Lines 159–174: This paragraph addresses an important issue concerning pitch and tone in Mandarin CDS, but its logic and terminology require clarification. Pitch, lexical tone, and intonation are not clearly distinguished and are sometimes treated interchangeably. Evidence for higher pitch in CDS is presented alongside findings showing no significant enhancement of tonal contrast, yet the relationship between these results is not adequately explained. The abrupt shift to specific tone contrasts (e.g., T1–T4 vs. T2–T3) and the concluding claim about balancing tone between syllables are insufficiently motivated.

Table 4: The manuscript does not clearly explain how dependent variable values ranging from 0 to 2 were derived. Given that individual trials involve binary “like/dislike” responses, it appears that responses may have been summed across multiple sentences within each condition; however, this scoring procedure is not explicitly described. The authors should clearly state how responses were coded, how many trials contributed to each condition, and how the reported means and standard deviations were calculated.
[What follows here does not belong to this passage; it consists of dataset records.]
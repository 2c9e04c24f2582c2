-- ===== src/Tests/Headers.antt =====
-- The cache of headers and the tracker of Extensions/HeaderScanner.
use buildpal.Prelude.{
  if◌then◌else◌, ◌-◌, ◌/◌, ℕ, ◌+◌, ◌%◌, ◌^◌, true, false, not, ◌≡◌, refl, none, some, List, [], ◌∷◌,
  ◌++◌, ltb, units, text_discrete, ℕ_discrete,
}
use buildpal.Prelude.Assoc.{lookup}
use buildpal.HeaderScanner.Macros.{Macros, add_macro}
use buildpal.HeaderScanner.CacheTree.{
  empty_tree, child, put_child, at_child, get_entry, add_at, entry_at, find,
}
use buildpal.HeaderScanner.CacheTree.Runs.{
  Reader, ask, done, used_macros, record_runs, first_run, find-record_runs,
}
use buildpal.HeaderScanner.Cache.{
  Cache, CacheEntry, Key, empty_cache, contains, maintenance, tree_of,
}
use buildpal.HeaderScanner.Cache.Cutoff.{last_hit, maintenance-entries}
use buildpal.HeaderScanner.Context.{
  HeaderCtx, member, macro_used, macro_defined, macro_undefined, propagate_to_parent, add_to_cache,
}
use buildpal.HeaderScanner.Context.Transparent.{SameParent}
use buildpal.HeaderScanner.Context.Records.{IsRecorded, enter}
use buildpal.HeaderScanner.Context.Recorded.{Run, Run-IsRecorded}
use buildpal.HeaderScanner.Conditions as Cond
use buildpal.HeaderScanner.Conditions.{
  Condition, ConditionStack, Token, hash_at_start, raw_identifier, take_macros, skippable, waiting,
}
use buildpal.HeaderScanner.Conditions.Pending.{pending, pending-directives}
use buildpal.HeaderScanner.Tracker.{HeaderTracker, FileEntry, IncludedHeader}
use buildpal.HeaderScanner.Tracker.Files.{leave_header}
use buildpal.HeaderScanner.Tracker.Cached.{leave_header-cache, top}

abbrev name_a : List ℕ
name_a = units "A"

abbrev defines_a : Macros
defines_a = (name_a, units " 1") ∷ []

-- a header that tests A
abbrev tests_a : Reader
tests_a = ask name_a (λ value. done)

find-record_runs_example :
    find defines_a (record_runs tests_a (([], 0) ∷ (defines_a, 1) ∷ []) empty_tree)
    ≡ first_run tests_a (([], 0) ∷ (defines_a, 1) ∷ []) (used_macros tests_a defines_a)
find-record_runs_example = find-record_runs tests_a (([], 0) ∷ (defines_a, 1) ∷ []) defines_a

one_entry : entry_at defines_a (add_at defines_a 7 empty_tree) ≡ some 7
unfolding entry_at add_at at_child get_entry child put_child text_discrete
one_entry = refl

abbrev header : Key
header = ((1, 2), 0)

abbrev old_entry : CacheEntry
old_entry = record {
  key = header;
  used = defines_a;
  macro_state = [];
  headers = [];
  last_time_hit = 100;
}

-- two entries after 40960 requests; entry 1 was hit since the last maintenance
abbrev busy : Cache
busy = record {
  container = [];
  objects = (0, old_entry) ∷ (1, old_entry) ∷ [];
  entries = 1 ∷ 0 ∷ [];
  temp_last_time_hit = (1, 40000) ∷ [];
  counter = 2;
  hits = 40000;
  misses = 960;
}

maintenance-entries_example :
    contains 1 (maintenance [] busy).entries
    ≡ not (
        ltb
          (last_hit busy 1 old_entry)
          (if ltb 16384 (40960 % 2 ^ 32) then 40960 % 2 ^ 32 - 16384 else 40960 % 2 ^ 32 / 5))
unfolding ℕ_discrete
maintenance-entries_example =
    maintenance-entries [] busy 1 old_entry refl (unfold lookup in refl, tt) refl
      (unfold lookup in refl)

abbrev child_ctx : HeaderCtx
child_ctx = record {
  replaced = false;
  cache_hit = none;
  used_here = defines_a;
  changed_here = units "B" ∷ [];
  headers_here = [];
}

-- a header that uses A, defines it, and includes one that uses and undefines it, and goes into the
-- cache
abbrev before : HeaderCtx × Macros
before = macro_defined defines_a (macro_used defines_a enter name_a) name_a (units " 2")

abbrev inside : HeaderCtx × Macros
inside = macro_undefined before.1 (macro_used before.1 enter name_a) name_a

not_there : get_entry inside.0.used_here (tree_of empty_cache ((1, 2), 0)) ≡ none
unfolding tree_of lookup get_entry child macro_used macro_defined macro_undefined member add_macro
not_there = refl

abbrev header_run :
    Run
      (enter, defines_a)
      (propagate_to_parent
        (add_to_cache empty_cache ((1, 2), 0) inside.1 inside.0).1
        before.0
        inside.1)
header_run =
    Run.cached {ctx = inside.0} empty_cache ((1, 2), 0) not_there
      (Run.defined name_a (units " 2") (Run.used name_a Run.begin))
      (Run.undefined name_a (Run.used name_a Run.begin))

Run-IsRecorded_example : IsRecorded defines_a (
    propagate_to_parent
      (add_to_cache empty_cache ((1, 2), 0) inside.1 inside.0).1
      before.0
      inside.1)
Run-IsRecorded_example =
    Run-IsRecorded defines_a (enter, defines_a) _ header_run
      (record { uncached = refl; used = tt; unchanged = λ n e. refl })

abbrev pub no_content : ℕ → ℕ → List Token
no_content start end = []

abbrev in_block : ConditionStack
in_block = record {
  macros = units "C" ∷ [];
  conditions =
      record {
        macros = name_a ∷ [];
        last_location = 3;
        last_branch_taken = false;
        any_branch_taken = false;
      }
      ∷ [];
}

pending-directives_example :
    (pending (Cond.if_directive no_content in_block 5 true) ≡ pending in_block)
    × ((Cond.elif_directive no_content in_block 5 true).1
          ++ pending (Cond.elif_directive no_content in_block 5 true).0
        ≡ pending in_block)
    × ((Cond.else_directive no_content in_block 5).1
          ++ pending (Cond.else_directive no_content in_block 5).0
        ≡ pending in_block)
pending-directives_example = pending-directives no_content in_block 5 true

abbrev open_block : Condition
open_block = record {
  macros = name_a ∷ [];
  last_location = 3;
  last_branch_taken = false;
  any_branch_taken = false;
}

abbrev file : FileEntry
file = record { device = 1; file = 2; dir_name = units "inc"; content_entry = 0 }

abbrev included : IncludedHeader
included = record { dir = units "inc"; name = units "a.h"; relative = false; entry = file }

abbrev pub tracker : HeaderTracker
tracker = record {
  contexts = child_ctx ∷ enter ∷ [];
  replaced = false;
  cache = some empty_cache;
  cache_hit = none;
  file_stack = included ∷ [];
  macro_state = defines_a;
  used_cache_entries = [];
  condition_stack = record { macros = []; conditions = [] };
}

-- numbers as single digits
abbrev pub digit : ℕ → List ℕ
digit n = (b'0' + n) ∷ []

leave_header-cache_example :
    SameParent
      (top digit no_content 0
        (leave_header digit no_content 0 (record tracker { cache = some empty_cache }))
        enter)
      (top digit no_content 0
        (leave_header digit no_content 0 (record tracker { cache = none }))
        enter)
leave_header-cache_example =
    leave_header-cache digit no_content 0 tracker included [] child_ctx enter [] empty_cache refl
      refl refl (unfold tree_of lookup get_entry child in refl)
Line 437 (Conclusion): The conclusions drawn are not logically supported by the results. The data show no difference between high and normal pitch, yet the authors conclude that kindergarten teachers should modify their pitch and avoid both high and low pitch. If children dislike low pitch but do not dislike high pitch, it is unclear why high pitch should be avoided. These recommendations are not justified by the reported findings and should be reconsidered or removed.

 

Comments for author File: Comments.pdf

Comments on the Quality of English Language

The sentences are generally easy to understand; however, the logical flow between them is difficult to follow. It would be helpful to review how each sentence connects to the next to ensure logical coherence and clear relevance to the research questions.

     

Author Response

Please see the attachment.

Author Response File: Author Response.pdf

Reviewer 3 Report

Comments and Suggestions for Authors

Very interesting paper showing that Mandarin-speaking children have no  significant preference for high-pitch over normal-pitch speech but have a clear dislike for low-pitch speech. I recommend the paper for publication with minor revisions. In the attached review, I have left specific comments regarding various aspects that need improvement (some unclear passages that need refinement, various typos, etc.). While the paper is important in showing children's attitudes towards pitch, I wonder what effects this may have upon learning- it would be nice if the authors engaged with this question as well.

Comments for author File: Comments.pdf

Comments on the Quality of English Language

There are several English grammar mistakes in the paper, I have left various comments in the paper.

Author Response

Please see the attachment.

Author Response File: Author Response.pdf

Reviewer 4 Report

Comments and Suggestions for Authors

The study aims to investigate whether Mandarin-speaking preschool children prefer high, normal, or low pitch. To this end, the researcher carried out a perceptual experiment in which Mandarin children were asked to choose between liking or disliking the pitch of the stimuli (sentences with T1, T2, T3, T4, or mixed tone) that they heard. This paper is interesting and useful because, so far, few studies have focused on the pitch preference of these children.

 

General concept comments

As mentioned above, I consider that the ideas presented in this paper are interesting and that the research would benefit the relevant field. However, to further emphasize the originality of this paper, I think it is essential to clarify and strengthen the results and discussion sections, especially regarding the statistical analysis. To that end, I have also provided detailed comments in the comments section of the relevant page, so please take a moment to review them.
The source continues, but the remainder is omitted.